Have you or anyone you know, had to cope with both Cancer and Coronavirus?

How did you manage?

Fingers crossed for a quick return to “normality”…….whatever that may be!


Being told you have bile duct cancer

Maybe it’s my age, but my memory is shocking! We all do it….go upstairs to get or do something, only to completely forget 13 steps later, busy ourselves with some pointless task, only to remember the second you get back downstairs what you origianally wanted.

But one thing that will be etched on my mind for the rest of my days, is being told i had cancer. Myself and Richard had sat in the waiting room, on chairs metres apart (due to socially distancing regulations) and i nervously scanned the room which was full of wall displays with Macmillan leaflets. I tried not to overthink this.

At this point, i had been given ultrasound, CT and MRI scans. These had shown a shadow on my liver. As scary as that was, i was certain i had a cyst or maybe at worst, a begnign tumour. After all, i felt fine. I was not ill at all, i was just experiencing pain.

We were called into a room where we sat in front of the Dr and a Mcmillan nurse. I should have guessed from the look on their faces that this was not going to be good news. I was right.

I was informed that the shadow was in fact cancer of the bile duct and it had spread to a prominent lymph node. I was also told that my cancer was already at stage 3 and inoperable.

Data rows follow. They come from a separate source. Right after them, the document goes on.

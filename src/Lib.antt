-- ===== src/Lib.antt =====
-- nctl keeps a cluster's actual state in line with the intent that Nautobot records: it fetches desired
-- and actual rows, computes drift, plans actions for it, and executes them in rounds until the drift
-- is gone. This library models the reconcile engine (src/nctl_core/reconcile), the drift engine with the
-- rules of IP ranges (src/nctl_core/drift), the lifecycle command, the resolution of service bindings
-- (src/nctl_core/production), and what they read of the desired rows and of the compute contract.
--
-- The parts, and how they interact:
--   Prelude               lists, dictionaries, sets, JSON values, results, and Python's order on texts.
--   Drift.Model           drift/model.py: targets, diff records, statuses.
--   Drift.Operations      drift/operations.py: the last actuation of a target in the event log.
--   Drift.Status          drift/status.py: derive_status. `ActuationEvents` and `Converging` have its
--                         proofs.
--   Drift.Comparators     drift/registry.py: the registered comparators; `Order` has its proofs.
--   Drift.Engine          drift/engine.py: compute_drift. `Grouping`, `Sorted`, `Report`, `Readable`,
--                         `Timed` and `Total` have its proofs.
--   Drift.IpRanges        drift/ip_ranges.py; `Overlaps`, `Common` and `Bounded` have its proofs.
--   Drift.Placements      drift/service_placement.py: evaluate_active_placement; `Quiet` has its proofs.
--   Drift.Bindings        drift/binding_evaluation.py; `Precedence` has its proofs.
--   Sources               sources/desired.py, compute/model.py: the desired rows.
--   Compute.Contract      compute/contract.py: the validators; `Lifecycle` has effective_lifecycle, `Text`
--                         str.strip.
--   Compute.MacAddress    compute/contract.py: normalize_mac_address; `Canonical` has its proofs.
--   Compute.Endpoints     compute/contract.py: the primary endpoint and the effective defaults; `Selected`
--                         has their proofs.
--   NodeLifecycle         lifecycle.py: set_node_lifecycle; `Refines` and `Confirmed` have its proofs.
--   Production.Reaches    production/service_dependencies.py: _reaches; `Sound`, `Complete` and `Total` have
--                         its proofs.
--   Production.Active     production/model.py and service_dependencies.py: the rows, the indexes of active
--                         placements and endpoints, and the test for cycles.
--   Production.ServiceDependencies
--                         production/service_dependencies.py: the resolution of bindings; `LeadsBack` and
--                         `Usable` have its proofs.
--   Reconcile.Model       reconcile/model.py: plans, actions and records.
--   Reconcile.Registry    reconcile/registry.py: the registry, topological_order; `Visit`, `Order`,
--                         `Ends` and `Total` have its proofs.
--   Reconcile.Reconcilers reconcile/reconcilers.py: the registrations and three of the planners.
--   Reconcile.Classify    reconcile/classify.py: the table of codes (`Codes` has the sets) and classify.
--   Reconcile.Planner     reconcile/planner.py: `Partition` is the first loop of build_plan, `Services`
--                         the service actions and their wiring, `Plan` the other loops, `Build` all of
--                         them in order.
--   Reconcile.Fingerprint reconcile/fingerprint.py: the digest of the errors that remain.
--   Reconcile.ProfileChecks
--                         reconcile/profiles.py: the checks of a profile; `Resolved` has their proofs.
--   Reconcile.DependencyCycles
--                         reconcile/profiles.py: _reject_dependency_cycles; `Chains` and `Acyclic` have its
--                         proofs.
--   Reconcile.Hosts       reconcile/ssh_preflight.py: the hosts that a plan connects to.
--   Reconcile.Ledger      reconcile/ledger.py, desired_write.py and actions/dispatch.py: the actions that
--                         write to Nautobot. `NodeLink`, `ComputeLink` and `Ipam` are the three of them,
--                         `Refusals` and `Requests` say what the steps raise; the proofs are in
--                         `Guarded`, `Repeated` and `Covered`.
--   Reconcile.Executor    reconcile/executor.py: `Round` is _execute_round, `Forced` is
--                         _with_forced_observation, `Apply` is _run_apply and _finish; `Effects`, `Trace`,
--                         `Turns`, `Loop` and `Settles` have their proofs.
-- A diff's code goes through Classify to a reconciler; the planner drafts actions for its group, the
-- registry orders them; the executor runs the plan, bootstrap actions first, and plans again.
--
-- State and effects. The executor's locals are records (`State` of a round, `Run` of an operation) that
-- each block of the source maps to the next ones; an early return, a break or an exception is a
-- constructor of `Flow`, `Turn` or `Ending`. What the outside decides (the fetch, the handlers, the
-- SSH scans, the signal flag, the regenerated inventory) is the record `World` of functions of the
-- number of the call, so that two calls may answer differently. The planner's derivations from the
-- snapshot are the record `Derivations`. The ledger's actions pass the state of the Nautobot server
-- through the requests of a record `Client`; a query leaves it as it is, a batch may do anything to it. A
-- moment of the log is the number of an instant with an offset or of a local time without one, and
-- comparing the two kinds fails as in Python; elsewhere moments are natural numbers. `fromisoformat` is
-- a parameter of the log's search.
--
-- Bounds and fuel. The visit of topological_order nests once for each new id, so it has one more unit of
-- fuel than there are ids; so it is with _reaches and the services, and with the cycle check of the
-- profiles. The loop of _run_apply is recursion on the number of rounds that are left.
--
-- Simplified: an envelope error is its code and its hosts, without its message; reasons that quote a
-- profile or a slug with Python's repr leave the quotation out; artifacts, progress events and
-- timestamps of the plan are left out, as nothing reads them back.
--
-- Not modelled: the command line and its rendering, Nautobot and SSH clients, the comparators that
-- produce drift records, the composition of the production inventory, dnsmasq, enrollment, uploads, the
-- braindump and workflow clients, and the handlers that run Ansible. The executor does not call the
-- model of the ledger's actions: there the handlers stay functions of the number of the call, and an
-- exception that a handler lets through, which the executor catches around the whole round or not at
-- all, is not modelled.
pub mod Prelude
pub mod Drift
pub mod Sources
pub mod Compute
pub mod NodeLifecycle
pub mod Production
pub mod Reconcile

I’ll be honest, i didn’t really take much in after that. I thought i had but reflecting on that appointment now, i really hadn’t. I do vaguely remember the conversation appeared to move towards prognosis at which point i really couldn’t take it. My brain just couldn’t process any more information. All i can remember, is holding up my hand in an attempt to stop them talking and said:

“Just tell me there is hope. If i don’t have hope, i have nothing”

The nurse simply replied, “there’s always hope.” What else could she have said? Richard was beside me, in bits.

We were asked if we wanted some time out in another room before going home, which we did and our lovely nurse talked us through some things (i have no idea what). I think Rich may have asked some questions…again, i don’t know what. It was the most surreal experience and reliving it here, is actually making me feel very emotional.

I only had one question; “how do i tell the kids?”